## [PROBLEM DESCRIPTION]
In the entries that follow, the line with "if-Ends (has_marker m" opens the range and the line with "(λ rs h. (midway" closes it; repeat that range exactly, both lines included.

(Saved entries)

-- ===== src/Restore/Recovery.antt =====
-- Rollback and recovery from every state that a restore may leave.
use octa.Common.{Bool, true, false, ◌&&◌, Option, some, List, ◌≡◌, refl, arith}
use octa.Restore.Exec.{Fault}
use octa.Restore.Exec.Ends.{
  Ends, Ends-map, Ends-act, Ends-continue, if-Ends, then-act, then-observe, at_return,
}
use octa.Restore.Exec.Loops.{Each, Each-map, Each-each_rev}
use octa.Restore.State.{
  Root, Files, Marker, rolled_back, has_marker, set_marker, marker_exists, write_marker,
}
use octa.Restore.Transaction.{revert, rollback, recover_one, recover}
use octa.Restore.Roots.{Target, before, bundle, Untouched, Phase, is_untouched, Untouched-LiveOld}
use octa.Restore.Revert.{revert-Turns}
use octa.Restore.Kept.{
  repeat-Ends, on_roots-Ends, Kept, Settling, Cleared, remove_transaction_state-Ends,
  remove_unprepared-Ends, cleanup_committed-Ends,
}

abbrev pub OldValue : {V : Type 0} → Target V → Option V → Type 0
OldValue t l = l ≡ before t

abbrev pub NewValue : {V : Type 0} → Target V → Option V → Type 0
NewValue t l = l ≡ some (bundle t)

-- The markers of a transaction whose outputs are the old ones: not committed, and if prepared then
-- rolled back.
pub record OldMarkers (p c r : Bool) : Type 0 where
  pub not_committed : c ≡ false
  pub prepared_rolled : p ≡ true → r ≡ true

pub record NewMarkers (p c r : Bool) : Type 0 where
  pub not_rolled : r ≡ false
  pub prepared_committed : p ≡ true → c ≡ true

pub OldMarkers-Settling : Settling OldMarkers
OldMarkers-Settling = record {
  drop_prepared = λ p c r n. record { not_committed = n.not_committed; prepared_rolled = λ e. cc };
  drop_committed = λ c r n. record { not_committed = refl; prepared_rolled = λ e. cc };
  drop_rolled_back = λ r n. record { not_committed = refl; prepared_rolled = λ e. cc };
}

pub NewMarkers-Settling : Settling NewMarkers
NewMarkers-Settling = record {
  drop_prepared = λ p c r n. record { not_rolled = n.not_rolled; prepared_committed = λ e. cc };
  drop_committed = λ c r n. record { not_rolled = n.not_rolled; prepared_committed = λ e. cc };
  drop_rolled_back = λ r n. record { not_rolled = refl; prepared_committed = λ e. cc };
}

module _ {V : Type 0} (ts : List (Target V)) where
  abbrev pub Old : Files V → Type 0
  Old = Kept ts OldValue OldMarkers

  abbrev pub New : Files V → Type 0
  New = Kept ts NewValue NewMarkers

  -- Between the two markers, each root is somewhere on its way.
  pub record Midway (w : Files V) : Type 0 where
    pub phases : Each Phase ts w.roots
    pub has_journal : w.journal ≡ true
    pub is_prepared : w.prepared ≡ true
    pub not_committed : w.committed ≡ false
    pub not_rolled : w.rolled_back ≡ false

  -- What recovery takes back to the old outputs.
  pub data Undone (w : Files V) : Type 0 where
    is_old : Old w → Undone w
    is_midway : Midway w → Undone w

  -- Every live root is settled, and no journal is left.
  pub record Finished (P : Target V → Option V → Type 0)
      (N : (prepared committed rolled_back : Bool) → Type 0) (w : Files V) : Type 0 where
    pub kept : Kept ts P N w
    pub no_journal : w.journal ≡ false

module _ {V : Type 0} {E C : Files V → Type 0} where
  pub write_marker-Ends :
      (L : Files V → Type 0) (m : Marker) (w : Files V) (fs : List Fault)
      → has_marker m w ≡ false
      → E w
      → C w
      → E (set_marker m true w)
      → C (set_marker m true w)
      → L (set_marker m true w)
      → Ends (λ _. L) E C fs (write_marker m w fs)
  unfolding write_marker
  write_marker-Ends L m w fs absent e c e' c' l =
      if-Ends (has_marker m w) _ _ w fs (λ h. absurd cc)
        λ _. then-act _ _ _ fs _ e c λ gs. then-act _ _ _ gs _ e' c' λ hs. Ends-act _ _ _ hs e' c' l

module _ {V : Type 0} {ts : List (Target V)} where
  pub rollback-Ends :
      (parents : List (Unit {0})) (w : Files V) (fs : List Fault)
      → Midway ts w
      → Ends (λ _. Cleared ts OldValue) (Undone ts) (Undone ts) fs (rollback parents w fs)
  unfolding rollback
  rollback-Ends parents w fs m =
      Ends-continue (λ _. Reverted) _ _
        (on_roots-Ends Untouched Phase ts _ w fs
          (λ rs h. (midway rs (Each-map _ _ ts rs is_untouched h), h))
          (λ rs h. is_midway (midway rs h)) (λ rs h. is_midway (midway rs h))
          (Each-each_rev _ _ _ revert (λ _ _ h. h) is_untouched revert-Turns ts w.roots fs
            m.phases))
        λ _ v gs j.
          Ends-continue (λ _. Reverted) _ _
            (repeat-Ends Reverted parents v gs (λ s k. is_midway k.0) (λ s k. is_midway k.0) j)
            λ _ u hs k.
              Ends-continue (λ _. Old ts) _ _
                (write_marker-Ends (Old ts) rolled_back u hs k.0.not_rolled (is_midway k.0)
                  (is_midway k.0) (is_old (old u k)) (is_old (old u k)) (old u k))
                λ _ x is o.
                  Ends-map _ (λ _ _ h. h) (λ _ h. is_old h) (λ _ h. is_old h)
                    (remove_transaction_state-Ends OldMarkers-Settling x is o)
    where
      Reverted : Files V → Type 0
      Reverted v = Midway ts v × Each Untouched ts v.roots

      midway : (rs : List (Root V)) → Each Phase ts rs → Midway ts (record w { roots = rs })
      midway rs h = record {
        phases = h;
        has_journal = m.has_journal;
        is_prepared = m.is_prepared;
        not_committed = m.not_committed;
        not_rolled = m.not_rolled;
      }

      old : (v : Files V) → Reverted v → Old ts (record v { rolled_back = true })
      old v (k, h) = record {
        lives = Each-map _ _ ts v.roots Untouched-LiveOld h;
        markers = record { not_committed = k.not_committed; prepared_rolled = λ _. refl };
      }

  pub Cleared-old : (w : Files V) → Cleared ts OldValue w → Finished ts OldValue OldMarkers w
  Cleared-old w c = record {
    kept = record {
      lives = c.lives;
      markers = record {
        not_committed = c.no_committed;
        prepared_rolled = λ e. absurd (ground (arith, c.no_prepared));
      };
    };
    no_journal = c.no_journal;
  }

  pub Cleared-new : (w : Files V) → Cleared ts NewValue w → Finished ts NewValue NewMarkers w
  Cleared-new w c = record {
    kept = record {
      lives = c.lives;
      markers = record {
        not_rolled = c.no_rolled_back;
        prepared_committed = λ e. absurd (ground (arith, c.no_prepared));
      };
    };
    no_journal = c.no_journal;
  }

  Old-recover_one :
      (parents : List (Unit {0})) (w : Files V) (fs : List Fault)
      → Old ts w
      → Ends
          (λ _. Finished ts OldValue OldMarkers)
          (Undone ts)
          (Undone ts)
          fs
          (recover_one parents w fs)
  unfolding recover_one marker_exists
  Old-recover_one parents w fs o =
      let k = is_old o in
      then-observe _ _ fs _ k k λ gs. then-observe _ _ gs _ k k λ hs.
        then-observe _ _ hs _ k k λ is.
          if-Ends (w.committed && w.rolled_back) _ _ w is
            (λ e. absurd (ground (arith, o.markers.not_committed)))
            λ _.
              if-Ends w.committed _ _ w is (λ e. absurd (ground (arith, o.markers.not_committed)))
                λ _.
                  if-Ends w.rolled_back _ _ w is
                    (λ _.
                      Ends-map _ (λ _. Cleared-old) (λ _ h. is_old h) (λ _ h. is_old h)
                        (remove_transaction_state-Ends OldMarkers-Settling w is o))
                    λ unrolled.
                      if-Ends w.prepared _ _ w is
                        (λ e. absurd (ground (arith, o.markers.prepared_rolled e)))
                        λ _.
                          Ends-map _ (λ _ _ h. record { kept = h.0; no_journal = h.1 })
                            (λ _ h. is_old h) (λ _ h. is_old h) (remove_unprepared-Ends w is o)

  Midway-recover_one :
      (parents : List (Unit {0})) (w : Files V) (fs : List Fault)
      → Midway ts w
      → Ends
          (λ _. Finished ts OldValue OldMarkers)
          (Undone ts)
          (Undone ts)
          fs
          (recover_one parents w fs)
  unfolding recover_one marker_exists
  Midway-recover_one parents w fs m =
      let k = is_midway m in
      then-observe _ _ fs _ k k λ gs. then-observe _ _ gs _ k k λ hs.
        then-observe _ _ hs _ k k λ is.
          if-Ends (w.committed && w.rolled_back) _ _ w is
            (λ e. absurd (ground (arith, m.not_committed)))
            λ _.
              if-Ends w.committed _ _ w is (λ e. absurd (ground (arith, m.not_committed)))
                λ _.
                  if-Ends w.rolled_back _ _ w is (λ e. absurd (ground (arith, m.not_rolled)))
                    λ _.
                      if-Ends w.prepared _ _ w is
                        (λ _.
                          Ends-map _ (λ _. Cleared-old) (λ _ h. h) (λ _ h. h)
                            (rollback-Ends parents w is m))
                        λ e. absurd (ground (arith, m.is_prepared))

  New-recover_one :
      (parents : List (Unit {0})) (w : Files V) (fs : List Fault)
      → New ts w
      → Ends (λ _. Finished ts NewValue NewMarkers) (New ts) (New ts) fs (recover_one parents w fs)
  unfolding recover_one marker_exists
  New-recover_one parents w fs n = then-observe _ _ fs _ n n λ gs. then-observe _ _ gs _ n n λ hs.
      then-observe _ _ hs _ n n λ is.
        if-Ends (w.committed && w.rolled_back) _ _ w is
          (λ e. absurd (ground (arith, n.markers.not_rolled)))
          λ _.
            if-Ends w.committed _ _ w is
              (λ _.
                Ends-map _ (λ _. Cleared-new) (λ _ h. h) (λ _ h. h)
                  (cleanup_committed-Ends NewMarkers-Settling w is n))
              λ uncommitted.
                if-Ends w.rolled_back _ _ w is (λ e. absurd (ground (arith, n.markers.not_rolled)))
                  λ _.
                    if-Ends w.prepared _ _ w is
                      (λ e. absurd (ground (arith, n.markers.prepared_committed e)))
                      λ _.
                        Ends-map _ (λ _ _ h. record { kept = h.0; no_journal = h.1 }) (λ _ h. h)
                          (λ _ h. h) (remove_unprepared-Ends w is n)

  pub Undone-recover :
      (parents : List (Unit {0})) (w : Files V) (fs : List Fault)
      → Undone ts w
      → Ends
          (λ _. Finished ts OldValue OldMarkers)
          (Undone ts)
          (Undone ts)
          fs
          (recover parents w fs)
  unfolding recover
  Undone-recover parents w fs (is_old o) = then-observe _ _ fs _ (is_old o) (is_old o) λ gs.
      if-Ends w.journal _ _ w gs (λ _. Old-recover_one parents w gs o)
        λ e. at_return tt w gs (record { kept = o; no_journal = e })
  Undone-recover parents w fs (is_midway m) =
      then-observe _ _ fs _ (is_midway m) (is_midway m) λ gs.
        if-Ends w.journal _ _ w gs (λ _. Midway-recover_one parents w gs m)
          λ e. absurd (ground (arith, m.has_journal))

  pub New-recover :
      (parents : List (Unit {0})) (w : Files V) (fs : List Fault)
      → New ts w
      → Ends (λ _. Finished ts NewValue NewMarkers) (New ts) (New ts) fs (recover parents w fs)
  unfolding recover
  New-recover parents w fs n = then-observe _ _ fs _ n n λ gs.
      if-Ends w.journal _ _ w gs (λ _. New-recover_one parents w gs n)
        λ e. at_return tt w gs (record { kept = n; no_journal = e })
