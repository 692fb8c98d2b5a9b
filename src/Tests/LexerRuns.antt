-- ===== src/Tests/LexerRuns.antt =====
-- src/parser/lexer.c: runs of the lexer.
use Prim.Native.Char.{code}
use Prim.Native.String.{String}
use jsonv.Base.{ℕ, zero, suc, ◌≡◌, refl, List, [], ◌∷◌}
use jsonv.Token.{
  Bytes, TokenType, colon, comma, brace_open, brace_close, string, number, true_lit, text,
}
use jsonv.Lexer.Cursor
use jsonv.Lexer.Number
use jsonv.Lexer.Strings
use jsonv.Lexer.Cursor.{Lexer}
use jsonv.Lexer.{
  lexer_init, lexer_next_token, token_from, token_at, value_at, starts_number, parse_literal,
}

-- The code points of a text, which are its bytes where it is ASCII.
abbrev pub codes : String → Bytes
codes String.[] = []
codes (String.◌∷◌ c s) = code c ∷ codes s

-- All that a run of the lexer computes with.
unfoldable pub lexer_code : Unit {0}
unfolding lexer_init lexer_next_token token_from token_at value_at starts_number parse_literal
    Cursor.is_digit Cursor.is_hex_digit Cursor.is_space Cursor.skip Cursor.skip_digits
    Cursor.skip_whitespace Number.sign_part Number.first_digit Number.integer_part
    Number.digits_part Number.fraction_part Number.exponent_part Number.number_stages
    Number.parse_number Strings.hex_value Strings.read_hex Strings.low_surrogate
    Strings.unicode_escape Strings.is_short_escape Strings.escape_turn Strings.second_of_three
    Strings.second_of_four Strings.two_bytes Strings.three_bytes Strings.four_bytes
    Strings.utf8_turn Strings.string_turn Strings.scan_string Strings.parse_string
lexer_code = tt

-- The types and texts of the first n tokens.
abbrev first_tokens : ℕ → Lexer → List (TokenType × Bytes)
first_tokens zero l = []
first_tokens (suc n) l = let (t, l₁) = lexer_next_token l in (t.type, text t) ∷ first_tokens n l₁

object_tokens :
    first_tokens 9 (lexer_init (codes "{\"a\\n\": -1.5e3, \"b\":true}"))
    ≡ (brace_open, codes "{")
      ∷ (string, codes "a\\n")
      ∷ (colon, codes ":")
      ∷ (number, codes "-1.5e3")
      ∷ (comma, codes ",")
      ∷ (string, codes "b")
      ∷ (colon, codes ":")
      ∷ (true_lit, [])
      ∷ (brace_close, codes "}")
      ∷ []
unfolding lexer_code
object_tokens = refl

## [ANSWER BOX]
      if-Ends (has_marker m w) _ _ w fs (λ h. absurd cc)
        λ _. then-act _ _ _ fs _ e c λ gs. then-act _ _ _ gs _ e' c' λ hs. Ends-act _ _ _ hs e' c' l

module _ {V : Type 0} {ts : List (Target V)} where
  pub rollback-Ends :
      (parents : List (Unit {0})) (w : Files V) (fs : List Fault)
      → Midway ts w
      → Ends (λ _. Cleared ts OldValue) (Undone ts) (Undone ts) fs (rollback parents w fs)
  unfolding rollback
  rollback-Ends parents w fs m =
      Ends-continue (λ _. Reverted) _ _
        (on_roots-Ends Untouched Phase ts _ w fs
          (λ rs h. (midway rs (Each-map _ _ ts rs is_untouched h), h))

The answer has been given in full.